### EXERCISE REQUIREMENTS
Where "after" occurs in a line of the entries below, copy that line.

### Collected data
-- -- --

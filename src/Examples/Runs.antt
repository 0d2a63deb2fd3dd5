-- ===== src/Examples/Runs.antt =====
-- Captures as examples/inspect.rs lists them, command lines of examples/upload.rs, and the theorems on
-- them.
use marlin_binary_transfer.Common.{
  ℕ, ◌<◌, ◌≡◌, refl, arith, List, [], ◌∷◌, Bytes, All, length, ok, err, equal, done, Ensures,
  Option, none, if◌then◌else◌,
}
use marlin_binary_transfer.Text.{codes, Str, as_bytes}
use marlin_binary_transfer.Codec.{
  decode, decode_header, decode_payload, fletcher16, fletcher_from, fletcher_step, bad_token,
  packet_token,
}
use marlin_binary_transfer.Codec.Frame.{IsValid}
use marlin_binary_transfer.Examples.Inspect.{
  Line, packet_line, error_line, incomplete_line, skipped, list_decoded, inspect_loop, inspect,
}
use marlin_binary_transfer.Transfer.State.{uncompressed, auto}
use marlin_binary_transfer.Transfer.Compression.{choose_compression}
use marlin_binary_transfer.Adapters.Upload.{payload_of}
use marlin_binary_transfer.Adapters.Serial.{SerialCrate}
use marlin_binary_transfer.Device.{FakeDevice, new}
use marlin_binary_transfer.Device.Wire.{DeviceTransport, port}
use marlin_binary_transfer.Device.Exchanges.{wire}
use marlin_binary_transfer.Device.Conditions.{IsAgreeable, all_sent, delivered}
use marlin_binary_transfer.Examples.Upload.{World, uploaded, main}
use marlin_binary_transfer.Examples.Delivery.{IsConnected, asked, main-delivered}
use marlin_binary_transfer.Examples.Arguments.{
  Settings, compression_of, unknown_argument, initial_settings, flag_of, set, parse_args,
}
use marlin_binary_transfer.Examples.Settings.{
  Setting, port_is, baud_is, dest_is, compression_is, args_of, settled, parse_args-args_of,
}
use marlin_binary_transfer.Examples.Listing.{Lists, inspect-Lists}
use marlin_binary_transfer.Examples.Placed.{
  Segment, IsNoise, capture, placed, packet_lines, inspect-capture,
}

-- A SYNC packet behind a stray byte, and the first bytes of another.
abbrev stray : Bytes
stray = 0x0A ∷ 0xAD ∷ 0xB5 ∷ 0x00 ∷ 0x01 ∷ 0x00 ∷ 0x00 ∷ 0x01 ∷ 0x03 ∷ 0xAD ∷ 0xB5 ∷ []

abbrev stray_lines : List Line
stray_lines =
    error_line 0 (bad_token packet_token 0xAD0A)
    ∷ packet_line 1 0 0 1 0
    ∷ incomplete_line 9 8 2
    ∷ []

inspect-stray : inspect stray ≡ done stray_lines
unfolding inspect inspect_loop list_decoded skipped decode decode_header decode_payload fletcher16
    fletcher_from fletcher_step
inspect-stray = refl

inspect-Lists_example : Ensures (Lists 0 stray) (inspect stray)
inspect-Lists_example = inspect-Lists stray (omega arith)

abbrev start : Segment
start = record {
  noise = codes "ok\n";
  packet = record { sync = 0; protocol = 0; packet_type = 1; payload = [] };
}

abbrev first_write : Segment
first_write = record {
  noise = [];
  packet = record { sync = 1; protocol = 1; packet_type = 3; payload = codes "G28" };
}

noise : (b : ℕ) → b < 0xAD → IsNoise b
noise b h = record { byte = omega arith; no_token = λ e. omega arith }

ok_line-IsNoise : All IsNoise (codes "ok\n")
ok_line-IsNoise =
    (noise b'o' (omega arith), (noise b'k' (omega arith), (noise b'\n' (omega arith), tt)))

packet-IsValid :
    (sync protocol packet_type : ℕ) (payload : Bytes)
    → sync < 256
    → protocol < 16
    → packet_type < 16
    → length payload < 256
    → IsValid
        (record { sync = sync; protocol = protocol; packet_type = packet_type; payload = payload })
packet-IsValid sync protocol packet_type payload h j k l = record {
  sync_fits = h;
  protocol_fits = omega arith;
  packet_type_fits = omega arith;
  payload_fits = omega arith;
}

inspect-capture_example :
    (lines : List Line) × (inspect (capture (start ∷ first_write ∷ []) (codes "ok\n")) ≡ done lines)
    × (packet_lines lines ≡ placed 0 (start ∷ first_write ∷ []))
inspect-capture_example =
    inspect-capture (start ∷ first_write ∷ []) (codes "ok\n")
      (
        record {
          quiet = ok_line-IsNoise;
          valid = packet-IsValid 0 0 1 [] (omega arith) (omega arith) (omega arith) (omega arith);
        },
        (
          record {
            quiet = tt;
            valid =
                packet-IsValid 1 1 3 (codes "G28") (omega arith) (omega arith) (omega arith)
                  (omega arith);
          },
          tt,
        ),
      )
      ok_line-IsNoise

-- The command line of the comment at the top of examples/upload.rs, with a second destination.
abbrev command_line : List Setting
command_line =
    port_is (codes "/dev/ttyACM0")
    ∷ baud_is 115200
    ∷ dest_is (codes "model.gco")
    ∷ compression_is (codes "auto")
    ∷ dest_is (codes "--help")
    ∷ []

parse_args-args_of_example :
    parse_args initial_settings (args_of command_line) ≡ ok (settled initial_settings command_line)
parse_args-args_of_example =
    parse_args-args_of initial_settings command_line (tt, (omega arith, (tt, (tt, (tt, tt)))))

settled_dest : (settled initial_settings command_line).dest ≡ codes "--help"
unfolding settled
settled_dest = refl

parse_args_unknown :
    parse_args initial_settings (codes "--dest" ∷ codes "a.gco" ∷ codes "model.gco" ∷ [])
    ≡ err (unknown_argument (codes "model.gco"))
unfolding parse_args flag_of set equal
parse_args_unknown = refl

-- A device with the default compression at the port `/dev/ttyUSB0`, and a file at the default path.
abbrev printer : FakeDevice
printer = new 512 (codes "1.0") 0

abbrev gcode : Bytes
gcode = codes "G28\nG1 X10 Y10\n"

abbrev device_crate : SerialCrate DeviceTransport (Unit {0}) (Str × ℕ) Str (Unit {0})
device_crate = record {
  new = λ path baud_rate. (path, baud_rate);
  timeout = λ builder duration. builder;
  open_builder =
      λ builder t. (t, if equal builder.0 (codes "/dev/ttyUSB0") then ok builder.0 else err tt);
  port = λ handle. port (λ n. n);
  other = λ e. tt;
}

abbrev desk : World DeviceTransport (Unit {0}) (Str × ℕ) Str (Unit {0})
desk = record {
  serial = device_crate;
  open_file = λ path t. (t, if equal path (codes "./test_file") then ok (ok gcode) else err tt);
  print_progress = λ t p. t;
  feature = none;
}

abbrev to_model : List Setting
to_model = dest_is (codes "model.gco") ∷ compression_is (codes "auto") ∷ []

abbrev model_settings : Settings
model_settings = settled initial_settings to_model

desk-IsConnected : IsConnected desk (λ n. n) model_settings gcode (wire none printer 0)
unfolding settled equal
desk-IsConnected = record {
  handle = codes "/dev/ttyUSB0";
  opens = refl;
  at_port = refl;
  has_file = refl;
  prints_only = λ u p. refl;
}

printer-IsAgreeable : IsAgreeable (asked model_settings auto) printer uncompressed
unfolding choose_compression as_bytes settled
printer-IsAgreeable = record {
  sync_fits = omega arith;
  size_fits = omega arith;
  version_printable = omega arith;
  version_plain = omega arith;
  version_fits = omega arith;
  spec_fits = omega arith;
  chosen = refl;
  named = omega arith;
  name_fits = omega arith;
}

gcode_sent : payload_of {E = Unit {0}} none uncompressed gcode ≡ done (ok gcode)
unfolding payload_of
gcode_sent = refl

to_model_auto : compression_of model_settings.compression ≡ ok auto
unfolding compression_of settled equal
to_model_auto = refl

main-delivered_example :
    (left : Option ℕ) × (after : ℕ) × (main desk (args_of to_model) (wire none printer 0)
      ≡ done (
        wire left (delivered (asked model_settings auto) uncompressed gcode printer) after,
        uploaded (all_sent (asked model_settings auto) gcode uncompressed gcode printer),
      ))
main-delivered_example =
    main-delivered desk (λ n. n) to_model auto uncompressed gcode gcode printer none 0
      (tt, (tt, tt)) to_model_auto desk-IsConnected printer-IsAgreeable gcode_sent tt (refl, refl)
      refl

-- -- --

### RESPONSE BELOW
    (left : Option ℕ) × (after : ℕ) × (main desk (args_of to_model) (wire none printer 0)
        wire left (delivered (asked model_settings auto) uncompressed gcode printer) after,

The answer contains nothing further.